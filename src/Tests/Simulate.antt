-- ===== src/Tests/Simulate.antt =====
-- A simulation against clusters that answer and that do not.
use sql_ai_tools.Safety.Allowlist.{check_parsed, classify}
use sql_ai_tools.Prelude.{◌≡◌, refl, Bool, true, false, List, [], ◌∷◌, codes, All}
use sql_ai_tools.Safety.Statement.{Statement, StatementType, ddl, dml, other}
use sql_ai_tools.Simulate.{
  Target, Input, alter_table, other_node, dial, explain_analyze, explain, explain_ddl, statistics,
  Manager, Cluster, connect_failed, simulate,
}
use sql_ai_tools.Simulate.Gated.{Harmless, Reports, simulate-Harmless}

abbrev statement : StatementType → Bool → Statement
statement type writes = record {
  node = other;
  tag = "T";
  statement_type = type;
  modifies_schema = false;
  writes_data = writes;
}

abbrev users : Target
users = record { schema = []; table = codes "users" }

abbrev query : Input
query = record { statement = statement dml false; sql = codes "SELECT 1"; node = other_node }

abbrev insertion : Input
insertion = record { statement = statement dml true; sql = codes "INSERT"; node = other_node }

abbrev alteration : Input
alteration = record {
  statement = statement ddl false;
  sql = codes "ALTER";
  node = alter_table users;
}

abbrev inputs : List Input
inputs = query ∷ insertion ∷ alteration ∷ []

abbrev idle : Manager
idle = record { connected = false; log = [] }

abbrev up : Cluster
up log r = true

abbrev down : Cluster
down log r = false

-- Plain EXPLAIN fails, and everything else succeeds.
abbrev flaky : Cluster
flaky log (explain i) = false
flaky log _ = true

up_run :
    (simulate up inputs idle).0.log
    ≡ statistics users
      ∷ explain_ddl alteration
      ∷ explain insertion
      ∷ explain_analyze query
      ∷ dial
      ∷ []
unfolding simulate
up_run = refl

down_run : (simulate down inputs idle).1 ≡ connect_failed
unfolding simulate
down_run = refl

-- After a failure the next step dials again.
flaky_run :
    (simulate flaky inputs idle).0.log
    ≡ statistics users
      ∷ explain_ddl alteration
      ∷ dial
      ∷ explain insertion
      ∷ explain_analyze query
      ∷ dial
      ∷ []
unfolding simulate
flaky_run = refl

simulate-Harmless_example :
    All Harmless (simulate flaky inputs idle).0.log × Reports inputs (simulate flaky inputs idle).1
unfolding check_parsed classify
simulate-Harmless_example = simulate-Harmless flaky inputs refl idle tt
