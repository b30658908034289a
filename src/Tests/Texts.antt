-- ===== src/Tests/Texts.antt =====
-- Prompts, positions and suggestions on concrete texts.
use sql_ai_tools.Text.{has_prefix, bytes_eq}
use sql_ai_tools.Strip.Prompt.{primary_rest}
use sql_ai_tools.Prelude.{
  ◌+◌, ◌-◌, ◌≤◌, ◌≡◌, refl, List, [], ◌∷◌, some, Bytes, codes, arith, length, map, All,
}
use sql_ai_tools.Strip.{strip_shell_prompts_with_map}
use sql_ai_tools.Strip.Offsets.{IsFaithful, strip-IsFaithful}
use sql_ai_tools.Position.{Position, line_column}
use sql_ai_tools.Position.Lines.{line_start, line_column_exact}
use sql_ai_tools.Keyword.{damerau_levenshtein, suggest_keyword}
use sql_ai_tools.Keyword.Alignment.{align, damerau_levenshtein-align}
use sql_ai_tools.Suggest.{
  Scored, levenshtein, abs_diff, equal_fold, suggest, max_distance, sort_hits, scored,
  suggest_with_distance, before,
}
use sql_ai_tools.Suggest.Distance.{edit, rev_onto, levenshtein-edit}
use sql_ai_tools.Suggest.Ranking.{Rising}
use sql_ai_tools.Suggest.Promise.{IsSuggested, suggest_promise}

-- A statement copied from the shell, with its prompt.
abbrev pasted : Bytes
pasted = codes "root@host:26257/db> SELECT 1"

strip_run : (strip_shell_prompts_with_map pasted).stripped ≡ codes "SELECT 1"
unfolding strip_shell_prompts_with_map primary_rest
strip_run = refl

strip-IsFaithful_example : IsFaithful pasted (strip_shell_prompts_with_map pasted)
strip-IsFaithful_example = strip-IsFaithful pasted

abbrev two_lines : Bytes
two_lines = 65 ∷ 10 ∷ 66 ∷ []

line_column_run : line_column two_lines 2 ≡ (2, 1)
unfolding line_column has_prefix
line_column_run = refl

line_column_exact_example :
    let (line, col) = line_column two_lines 2 in line_start two_lines (line - 1) + (col - 1) ≡ 2
line_column_exact_example = line_column_exact two_lines 2 (omega arith)

distance_run : levenshtein (codes "kitten") (codes "sitting") ≡ 3
unfolding levenshtein bytes_eq
distance_run = refl

levenshtein-edit_example :
    levenshtein (codes "selct") (codes "select")
    ≡ edit (rev_onto (codes "selct") []) (rev_onto (codes "select") [])
levenshtein-edit_example = levenshtein-edit (codes "selct") (codes "select")

abbrev near : Scored
near = record { name = codes "Select"; distance = 1 }

abbrev columns : List Bytes
columns = codes "user_id" ∷ codes "username" ∷ codes "created" ∷ []

abbrev here : Position
here = record { line = 1; column = 8; byte_offset = 7 }

suggest_run :
    map (λ s. s.replacement) (suggest (codes "usre_id") columns (some here)) ≡ codes "user_id" ∷ []
unfolding suggest max_distance sort_hits scored equal_fold abs_diff levenshtein
suggest_run = refl

suggest_promise_example :
    All (IsSuggested (codes "usre_id") columns 7) (suggest (codes "usre_id") columns (some here))
    × (length (suggest (codes "usre_id") columns (some here)) ≤ 3)
    × Rising (map (λ s. s.distance) (suggest (codes "usre_id") columns (some here)))
suggest_promise_example = suggest_promise (codes "usre_id") columns here

transposition_run : damerau_levenshtein (codes "form") (codes "from") ≡ 1
unfolding damerau_levenshtein
transposition_run = refl

damerau_levenshtein-align_example :
    damerau_levenshtein (codes "tbale") (codes "table")
    ≡ align (rev_onto (codes "tbale") []) (rev_onto (codes "table") [])
damerau_levenshtein-align_example = damerau_levenshtein-align (codes "tbale") (codes "table")

keyword_run :
    map
      (λ s. s.replacement)
      (suggest_keyword (codes "for" ∷ codes "from" ∷ codes "table" ∷ []) (codes "FORM") (some here))
    ≡ codes "from" ∷ codes "for" ∷ []
unfolding suggest_keyword suggest_with_distance max_distance sort_hits scored equal_fold abs_diff
    damerau_levenshtein before
keyword_run = refl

- _ASSIGNED TASK_
In how many lines of the data does the word "here" appear? Respond with the number and nothing more.

- _ANSWER SPACE_
8